Using the listing below, retype exactly the lines starting at the one with "get_digest sha2_256 = sha256" and ending at the one with "sign_pkey md key", and include both.

> [Excerpted data]:
== Segment start ==

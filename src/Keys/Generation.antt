-- ===== src/Keys/Generation.antt =====
-- src/keys/mod.rs: `KeyPair::generate`, the sizes that it takes and the keys that it makes.
use rust_osshkeys.Prelude.{
  ◌∙◌, subst, not, and_then, and_then-eq-ok, map_err-eq-ok, ℕ, ◌≡◌, refl, sym, ap, arith, [], ok,
  Bool, true, false, ◌||◌, ◌&&◌, ◌==◌, leb, if◌then◌else◌,
}
use rust_osshkeys.Error.{OsshResult, fail, from_openssl, on_unit, invalid_key_size}
use rust_osshkeys.External.KeyTypes.{KeyLib}
use rust_osshkeys.Keys.Rsa
use rust_osshkeys.Keys.Dsa
use rust_osshkeys.Keys.Ecdsa
use rust_osshkeys.Keys.Ed25519
use rust_osshkeys.Keys.Ecdsa.{EcCurve, curve_size, nid}
use rust_osshkeys.Keys.Container.{
  pair_from, KeyPairType, KeyType, KeyPair, Seeds, generate, pair_keytype, pair_size,
}

-- The sizes that the documentation names; zero stands for the default.
abbrev pub is_key_size : KeyType → ℕ → Bool
is_key_size KeyType.rsa bits = bits == 0 || leb 1024 bits && leb bits 16384
is_key_size KeyType.dsa bits = bits == 0 || bits == 1024
is_key_size KeyType.ecdsa bits = bits == 0 || bits == 256 || bits == 384 || bits == 521
is_key_size KeyType.ed25519 bits = bits == 0 || bits == 256

-- The size that zero stands for.
abbrev default_size : KeyType → ℕ
default_size KeyType.rsa = 2048
default_size KeyType.dsa = 1024
default_size KeyType.ecdsa = 256
default_size KeyType.ed25519 = 256

abbrev pub requested_size : ℕ → KeyType → ℕ
requested_size bits t = if bits == 0 then default_size t else bits

guard-eq-ok :
    {A : Type 0} (b : Bool) (m : OsshResult A) {a : A}
    → (if b then m else fail invalid_key_size) ≡ ok a
    → m ≡ ok a
guard-eq-ok true m h = h
guard-eq-ok false m h = cc

unless-eq-ok :
    {A : Type 0} (b : Bool) (m : OsshResult A) {a : A}
    → (if b then fail invalid_key_size else m) ≡ ok a
    → m ≡ ok a
unless-eq-ok true m h = cc
unless-eq-ok false m h = h

module _ (lib : KeyLib) (s : Seeds lib) (bits : ℕ) where
  -- A size that the key type does not have is refused with InvalidKeySize: other than 0 and 1024 to
  -- 16384 for RSA, 0 and 1024 for DSA, 0, 256, 384 and 521 for ECDSA, 0 and 256 for Ed25519.
  pub generate_refuses :
      (t : KeyType) → is_key_size t bits ≡ false → generate lib s t bits ≡ fail invalid_key_size
  unfolding generate Rsa.generate Dsa.generate Ecdsa.generate Ecdsa.curve_of_size Ed25519.generate
  generate_refuses KeyType.rsa h = ground arith
  generate_refuses KeyType.dsa h = ground arith
  generate_refuses KeyType.ecdsa h = ground arith
  generate_refuses KeyType.ed25519 h = ground arith

  -- What holds of a container of the key that a call made.
  pub made_of :
      {A : Type 0} (P : KeyPair lib → Type 0) (m : OsshResult A) (f : A → KeyPairType lib)
      (k : KeyPair lib)
      → ((a : A) → m ≡ ok a → P (pair_from lib (f a)))
      → and_then m (λ a. ok (pair_from lib (f a))) ≡ ok k
      → P k
  made_of P m f k h e =
      let (a, made, done) = and_then-eq-ok m _ e in
      let same : pair_from lib (f a) ≡ k = cc in subst P same (h a made)

  -- The call of OpenSSL in `generate`.
  pub rsa_made :
      (k : Rsa.RsaKeyPair lib)
      → Rsa.generate lib s.rsa_seed bits ≡ ok k
      → lib.rsa.generate s.rsa_seed (requested_size bits KeyType.rsa) ≡ ok k.rsa
  unfolding Rsa.generate
  rsa_made k h =
      let size = requested_size bits KeyType.rsa in
      let passed = guard-eq-ok (leb 1024 size && leb size 16384) _ h in
      let (key, made, done) =
        and_then-eq-ok (on_unit from_openssl (lib.rsa.generate s.rsa_seed size)) _ passed in
      let built : Rsa.RsaKeyPair lib = record { rsa = key; signhash = Rsa.default_signature } in
      let same : built ≡ k = cc in map_err-eq-ok from_openssl _ made ∙ ap (λ x. ok x.rsa) same

  pub dsa_made :
      (k : Dsa.DsaKeyPair lib)
      → Dsa.generate lib s.dsa_seed bits ≡ ok k
      → lib.dsa.generate s.dsa_seed (requested_size bits KeyType.dsa) ≡ ok k.dsa
  unfolding Dsa.generate
  dsa_made k h =
      let size = requested_size bits KeyType.dsa in
      let passed = unless-eq-ok (not (size == 1024)) _ h in
      let (key, made, done) =
        and_then-eq-ok (on_unit from_openssl (lib.dsa.generate s.dsa_seed size)) _ passed in
      let built : Dsa.DsaKeyPair lib = record { dsa = key } in
      let same : built ≡ k = cc in map_err-eq-ok from_openssl _ made ∙ ap (λ x. ok x.dsa) same

  curve_of_size-eq-ok :
      (size : ℕ) (c : EcCurve) → Ecdsa.curve_of_size lib size ≡ ok c → curve_size c ≡ size
  unfolding Ecdsa.curve_of_size curve_size
  curve_of_size-eq-ok size EcCurve.nistp256 h = ground arith
  curve_of_size-eq-ok size EcCurve.nistp384 h = ground arith
  curve_of_size-eq-ok size EcCurve.nistp521 h = ground arith

  -- The curve has the size, and the call of OpenSSL is in its group.
  pub ecdsa_made :
      (k : Ecdsa.EcDsaKeyPair lib)
      → Ecdsa.generate lib s.ec_seed bits ≡ ok k
      → (g : lib.ec.Group) × (curve_size k.curve ≡ requested_size bits KeyType.ecdsa)
        × (lib.ec.from_curve_name (nid k.curve) ≡ ok g)
        × (lib.ec.generate s.ec_seed g ≡ ok k.key)
  unfolding Ecdsa.generate Ecdsa.group_of
  ecdsa_made k h =
      let (curve, sized, h1) =
        and_then-eq-ok (Ecdsa.curve_of_size lib (requested_size bits KeyType.ecdsa)) _ h in
      let (group, grouped, h2) = and_then-eq-ok (Ecdsa.group_of lib curve) _ h1 in
      let (key, made, h3) =
        and_then-eq-ok (on_unit from_openssl (lib.ec.generate s.ec_seed group)) _ h2 in
      let built : Ecdsa.EcDsaKeyPair lib = record { key = key; curve = curve } in
      let same : built ≡ k = cc in
      (
        group,
        ap (λ x. curve_size x.curve) (sym same) ∙ curve_of_size-eq-ok _ curve sized,
        ap (λ x. lib.ec.from_curve_name (nid x.curve)) (sym same)
            ∙ map_err-eq-ok from_openssl _ grouped,
        map_err-eq-ok from_openssl _ made ∙ ap (λ x. ok x.key) same,
      )

  ed25519_size :
      (k : Ed25519.Ed25519KeyPair lib)
      → Ed25519.generate lib s.ed_seed bits ≡ ok k
      → 256 ≡ requested_size bits KeyType.ed25519
  unfolding Ed25519.generate
  ed25519_size k h = ground arith

  abbrev IsMade : KeyType → KeyPair lib → Type 0
  IsMade t k =
      (pair_size lib k.key ≡ requested_size bits t)
      × (pair_keytype lib k.key ≡ t)
      × (k.comment ≡ [])

  -- A key that is generated has the size that was asked for, or the default size of its type if
  -- that was zero: 2048 bits for RSA, 1024 for DSA, 256 for ECDSA and Ed25519. It is of the type
  -- asked for, and has no comment.
  pub generate_size :
      (t : KeyType) (k : KeyPair lib)
      → generate lib s t bits ≡ ok k
      → (pair_size lib k.key ≡ requested_size bits t)
        × (pair_keytype lib k.key ≡ t)
        × (k.comment ≡ [])
  unfolding generate pair_size pair_keytype Rsa.pair_size Dsa.pair_size
  generate_size KeyType.rsa k h =
      made_of (IsMade KeyType.rsa) (Rsa.generate lib s.rsa_seed bits) KeyPairType.rsa k
        (λ a e. (lib.rsa.generate_bits s.rsa_seed _ a.rsa (rsa_made a e), refl, refl)) h
  generate_size KeyType.dsa k h =
      made_of (IsMade KeyType.dsa) (Dsa.generate lib s.dsa_seed bits) KeyPairType.dsa k
        (λ a e. (lib.dsa.generate_bits s.dsa_seed _ a.dsa (dsa_made a e), refl, refl)) h
  generate_size KeyType.ecdsa k h =
      made_of (IsMade KeyType.ecdsa) (Ecdsa.generate lib s.ec_seed bits) KeyPairType.ecdsa k
        (λ a e. let (_, sized, _, _) = ecdsa_made a e in (sized, refl, refl)) h
  generate_size KeyType.ed25519 k h =
      made_of (IsMade KeyType.ed25519) (Ed25519.generate lib s.ed_seed bits) KeyPairType.ed25519 k
        (λ a e. (ed25519_size a e, refl, refl)) h
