-- ===== src/Keys/Sign.antt =====
-- src/keys: `PublicParts::verify` and `PrivateParts::sign` of the key types and of the containers.
use rust_osshkeys.Prelude.{
  Bytes, Bool, true, false, ltb, if◌then◌else◌, Outcome, ok, err, panic, and_then,
}
use rust_osshkeys.Error.{OsshResult, fail, from_openssl, from_signature, on_unit, invalid_key_size}
use rust_osshkeys.External.KeyTypes.{KeyLib}
use rust_osshkeys.External.PKeys.{PKeys}
use rust_osshkeys.External.Signers.{Signers, MessageDigest, sha256, sha512}
use rust_osshkeys.Keys.Rsa
use rust_osshkeys.Keys.Rsa.{
  RsaPublicKey, RsaKeyPair, RsaSignature, sha1, sha2_256, sha2_512, rsa_min_size,
}
use rust_osshkeys.Keys.Dsa
use rust_osshkeys.Keys.Dsa.{DsaPublicKey, DsaKeyPair}
use rust_osshkeys.Keys.Ecdsa
use rust_osshkeys.Keys.Ecdsa.{EcDsaPublicKey, EcDsaKeyPair}
use rust_osshkeys.Keys.Ed25519.{Ed25519PublicKey, Ed25519KeyPair}
use rust_osshkeys.Keys.Container.{PublicKeyType, KeyPairType}

-- `RsaSignature::get_digest`.
unfoldable pub get_digest : RsaSignature → MessageDigest
get_digest sha1 = MessageDigest.sha1
get_digest sha2_256 = sha256
get_digest sha2_512 = sha512

abbrev pub is_ok : {A : Type 0} → Outcome Unit A → OsshResult Bool
is_ok (ok _) = ok true
is_ok (err _) = ok false
is_ok panic = panic

module _ (lib : KeyLib) (pk : PKeys lib) (sg : Signers lib pk) where
  -- `Signer::new`, `update` and `sign_to_vec`; `Verifier::new`, `update` and `verify`.
  unfoldable pub sign_pkey : MessageDigest → OsshResult pk.Private → Bytes → OsshResult Bytes
  sign_pkey md key data_ = and_then key (λ pkey.
      and_then (on_unit from_openssl (sg.new_signer md pkey)) (λ sign.
        and_then (on_unit from_openssl (sg.update_signer sign data_))
          (λ fed. on_unit from_openssl (sg.sign_to_vec fed))))

  unfoldable pub verify_pkey :
      MessageDigest → OsshResult pk.Public → Bytes → Bytes → OsshResult Bool
  verify_pkey md key data_ sig = and_then key (λ pkey.
      and_then (on_unit from_openssl (sg.new_verifier md pkey)) (λ veri.
        and_then (on_unit from_openssl (sg.update_verifier veri data_))
          (λ fed. on_unit from_openssl (sg.verify sig fed))))

  unfoldable pub rsa_verify : RsaPublicKey lib → Bytes → Bytes → OsshResult Bool
  unfolding Rsa.public_size get_digest verify_pkey
  rsa_verify k data_ sig =
      if ltb (Rsa.public_size lib k) rsa_min_size
      then fail invalid_key_size
      else verify_pkey (get_digest k.signhash) (on_unit from_openssl (pk.public_from_rsa k.rsa))
          data_ sig

  unfoldable pub dsa_verify : DsaPublicKey lib → Bytes → Bytes → OsshResult Bool
  unfolding verify_pkey
  dsa_verify k data_ sig =
      verify_pkey MessageDigest.sha1 (on_unit from_openssl (pk.public_from_dsa k.dsa)) data_ sig

  unfoldable pub ecdsa_verify : EcDsaPublicKey lib → Bytes → Bytes → OsshResult Bool
  unfolding verify_pkey
  ecdsa_verify k data_ sig =
      verify_pkey MessageDigest.sha1 (on_unit from_openssl (pk.public_from_ec_key k.key)) data_ sig

  unfoldable pub ed25519_verify : Ed25519PublicKey lib → Bytes → Bytes → OsshResult Bool
  ed25519_verify k data_ sig =
      and_then (on_unit from_signature (sg.try_from sig))
        (λ ed25519_sig. is_ok (sg.ed_verify k.key data_ ed25519_sig))

  -- `verify` of `PublicKey`, and of `KeyPair`.
  unfoldable pub public_verify : PublicKeyType lib → Bytes → Bytes → OsshResult Bool
  unfolding rsa_verify dsa_verify ecdsa_verify ed25519_verify
  public_verify (PublicKeyType.rsa k) = rsa_verify k
  public_verify (PublicKeyType.dsa k) = dsa_verify k
  public_verify (PublicKeyType.ecdsa k) = ecdsa_verify k
  public_verify (PublicKeyType.ed25519 k) = ed25519_verify k

  unfoldable pub pair_verify : KeyPairType lib → Bytes → Bytes → OsshResult Bool
  unfolding rsa_verify dsa_verify ecdsa_verify Rsa.clone_public_key Dsa.clone_public_key
      Ecdsa.clone_public_key
  pair_verify (KeyPairType.rsa k) data_ sig =
      and_then (Rsa.clone_public_key lib k) (λ p. rsa_verify p data_ sig)
  pair_verify (KeyPairType.dsa k) data_ sig =
      and_then (Dsa.clone_public_key lib k) (λ p. dsa_verify p data_ sig)
  pair_verify (KeyPairType.ecdsa k) data_ sig =
      and_then (Ecdsa.clone_public_key lib k) (λ p. ecdsa_verify p data_ sig)
  pair_verify (KeyPairType.ed25519 k) data_ sig =
      and_then (on_unit from_signature (sg.try_from sig))
        (λ ed25519_sig. is_ok (sg.ed_pair_verify k.key data_ ed25519_sig))

  -- `sign` of the key pairs, and of `KeyPair`.
  unfoldable pub rsa_sign : RsaKeyPair lib → Bytes → OsshResult Bytes
  unfolding Rsa.pair_size get_digest sign_pkey
  rsa_sign k data_ =
      if ltb (Rsa.pair_size lib k) rsa_min_size
      then fail invalid_key_size
      else sign_pkey (get_digest k.signhash) (on_unit from_openssl (pk.private_from_rsa k.rsa))
          data_

  unfoldable pub dsa_sign : DsaKeyPair lib → Bytes → OsshResult Bytes
  unfolding sign_pkey
  dsa_sign k data_ =
      sign_pkey MessageDigest.sha1 (on_unit from_openssl (pk.private_from_dsa k.dsa)) data_

  unfoldable pub ecdsa_sign : EcDsaKeyPair lib → Bytes → OsshResult Bytes
  unfolding sign_pkey
  ecdsa_sign k data_ =
      sign_pkey MessageDigest.sha1 (on_unit from_openssl (pk.private_from_ec_key k.key)) data_

  unfoldable pub ed25519_sign : Ed25519KeyPair lib → Bytes → OsshResult Bytes
  ed25519_sign k data_ = ok (sg.to_bytes (sg.ed_sign k.key data_))

  unfoldable pub pair_sign : KeyPairType lib → Bytes → OsshResult Bytes
  unfolding rsa_sign dsa_sign ecdsa_sign ed25519_sign
  pair_sign (KeyPairType.rsa k) = rsa_sign k
  pair_sign (KeyPairType.dsa k) = dsa_sign k
  pair_sign (KeyPairType.ecdsa k) = ecdsa_sign k
  pair_sign (KeyPairType.ed25519 k) = ed25519_sign k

== Segment end ==

> [Response box]:
get_digest sha2_256 = sha256
get_digest sha2_512 = sha512

abbrev pub is_ok : {A : Type 0} → Outcome Unit A → OsshResult Bool
is_ok (ok _) = ok true
is_ok (err _) = ok false
is_ok panic = panic

module _ (lib : KeyLib) (pk : PKeys lib) (sg : Signers lib pk) where
  -- `Signer::new`, `update` and `sign_to_vec`; `Verifier::new`, `update` and `verify`.
  unfoldable pub sign_pkey : MessageDigest → OsshResult pk.Private → Bytes → OsshResult Bytes
  sign_pkey md key data_ = and_then key (λ pkey.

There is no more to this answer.